◆ **WHAT YOU SHOULD DO**
Lines containing "missed" should be pulled from the material below.

◆ **MATERIAL FOR THE TASK**
====
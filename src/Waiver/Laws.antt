-- ===== src/Waiver/Laws.antt =====
-- What waiving does to a list of answers: which answers change, and that more waivers never block.
use greenwave.Prelude.{
  ◌≡◌, refl, sym, ◌∙◌, inl, inr, Bool, true, false, List, [], ◌∷◌, ◌++◌, none, arith, all, any,
  is_some, All, Option-cases, Bool-cases, any-append,
}
use greenwave.Answer.{RuleNotSatisfied, Answer, satisfied, unsatisfied, is_satisfied, to_waived}
use greenwave.Waiver.{Waiver, waiver_matches, find_waived_id, waive_answers}

-- No waiver of the list matches the answer.
abbrev pub Unwaived : List Waiver → Answer → Type 0
Unwaived waivers (satisfied a) = Unit
Unwaived waivers (unsatisfied a) = All (λ w. waiver_matches a w ≡ false) waivers

find_waived_id-none :
    (a : RuleNotSatisfied) (waivers : List Waiver)
    → find_waived_id a waivers ≡ none
    → All (λ w. waiver_matches a w ≡ false) waivers
unfolding find_waived_id
find_waived_id-none a [] h = tt
find_waived_id-none a (w ∷ rest) h = elim (Bool-cases (waiver_matches a w)) [
  | inl hit ↦ absurd (ground arith)
  | inr miss ↦ (miss, find_waived_id-none a rest (ground arith))
]

-- An unsatisfied answer that is left after waiving has no matching waiver.
pub waive_answers-Unwaived :
    (answers : List Answer) (waivers : List Waiver)
    → All (Unwaived waivers) (waive_answers answers waivers)
unfolding waive_answers to_waived
waive_answers-Unwaived [] waivers = tt
waive_answers-Unwaived (satisfied a ∷ rest) waivers = (tt, waive_answers-Unwaived rest waivers)
waive_answers-Unwaived (unsatisfied a ∷ rest) waivers =
    elim (Option-cases (find_waived_id a waivers)) [
      | inl missed ↦
          ground (
            arith,
            missed,
            find_waived_id-none a waivers missed,
            waive_answers-Unwaived rest waivers,
          )
      | inr (id, hit) ↦ ground (arith, hit, waive_answers-Unwaived rest waivers)
    ]

find_waived_id_of_Unwaived :
    (a : RuleNotSatisfied) (waivers : List Waiver)
    → All (λ w. waiver_matches a w ≡ false) waivers
    → find_waived_id a waivers ≡ none
unfolding find_waived_id
find_waived_id_of_Unwaived a [] h = refl
find_waived_id_of_Unwaived a (w ∷ rest) h = ground (arith, find_waived_id_of_Unwaived a rest h.1)

waive_answers_of_Unwaived :
    (answers : List Answer) (waivers : List Waiver)
    → All (Unwaived waivers) answers
    → waive_answers answers waivers ≡ answers
unfolding waive_answers
waive_answers_of_Unwaived [] waivers h = refl
waive_answers_of_Unwaived (satisfied a ∷ rest) waivers h =
    rw (waive_answers_of_Unwaived rest waivers h.1)
waive_answers_of_Unwaived (unsatisfied a ∷ rest) waivers h =
    ground
      (arith, find_waived_id_of_Unwaived a waivers h.0, waive_answers_of_Unwaived rest waivers h.1)

-- Waiving a second time with the same waivers changes nothing.
pub waive_answers_idempotent :
    (answers : List Answer) (waivers : List Waiver)
    → waive_answers (waive_answers answers waivers) waivers ≡ waive_answers answers waivers
waive_answers_idempotent answers waivers =
    waive_answers_of_Unwaived (waive_answers answers waivers) waivers
      (waive_answers-Unwaived answers waivers)

-- The answer is satisfied, or some waiver of the list matches it.
abbrev pub covered : List Waiver → Answer → Bool
covered waivers (satisfied a) = true
covered waivers (unsatisfied a) = any (waiver_matches a) waivers

is_some-find_waived_id :
    (a : RuleNotSatisfied) (waivers : List Waiver)
    → is_some (find_waived_id a waivers) ≡ any (waiver_matches a) waivers
unfolding find_waived_id
is_some-find_waived_id a [] = refl
is_some-find_waived_id a (w ∷ rest) = ground (arith, is_some-find_waived_id a rest)

-- After waiving every answer is satisfied exactly when each answer was satisfied before or has a
-- matching waiver.
pub all_satisfied_iff_covered :
    (answers : List Answer) (waivers : List Waiver)
    → all is_satisfied (waive_answers answers waivers) ≡ all (covered waivers) answers
unfolding waive_answers is_satisfied to_waived
all_satisfied_iff_covered [] waivers = refl
all_satisfied_iff_covered (satisfied a ∷ rest) waivers = all_satisfied_iff_covered rest waivers
all_satisfied_iff_covered (unsatisfied a ∷ rest) waivers =
    ground (arith, is_some-find_waived_id a waivers, all_satisfied_iff_covered rest waivers)

covered_more :
    (a : Answer) (waivers more : List Waiver)
    → covered waivers a ≡ true
    → covered (waivers ++ more) a ≡ true
covered_more (satisfied a) waivers more h = refl
covered_more (unsatisfied a) waivers more h =
    ground (arith, any-append (waiver_matches a) waivers more)

all-covered_more :
    (answers : List Answer) (waivers more : List Waiver)
    → all (covered waivers) answers ≡ true
    → all (covered (waivers ++ more)) answers ≡ true
all-covered_more [] waivers more h = refl
all-covered_more (a ∷ rest) waivers more h =
    ground (arith, covered_more a waivers more, all-covered_more rest waivers more)

-- If some waivers satisfy every answer, then so do these waivers and any others after them.
pub waive_answers_mono :
    (answers : List Answer) (waivers more : List Waiver)
    → all is_satisfied (waive_answers answers waivers) ≡ true
    → all is_satisfied (waive_answers answers (waivers ++ more)) ≡ true
waive_answers_mono answers waivers more h =
    all_satisfied_iff_covered answers (waivers ++ more)
    ∙ all-covered_more answers waivers more (sym (all_satisfied_iff_covered answers waivers) ∙ h)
====
◆ **EXPECTED ANSWER**
      | inl missed ↦
            missed,
            find_waived_id-none a waivers missed,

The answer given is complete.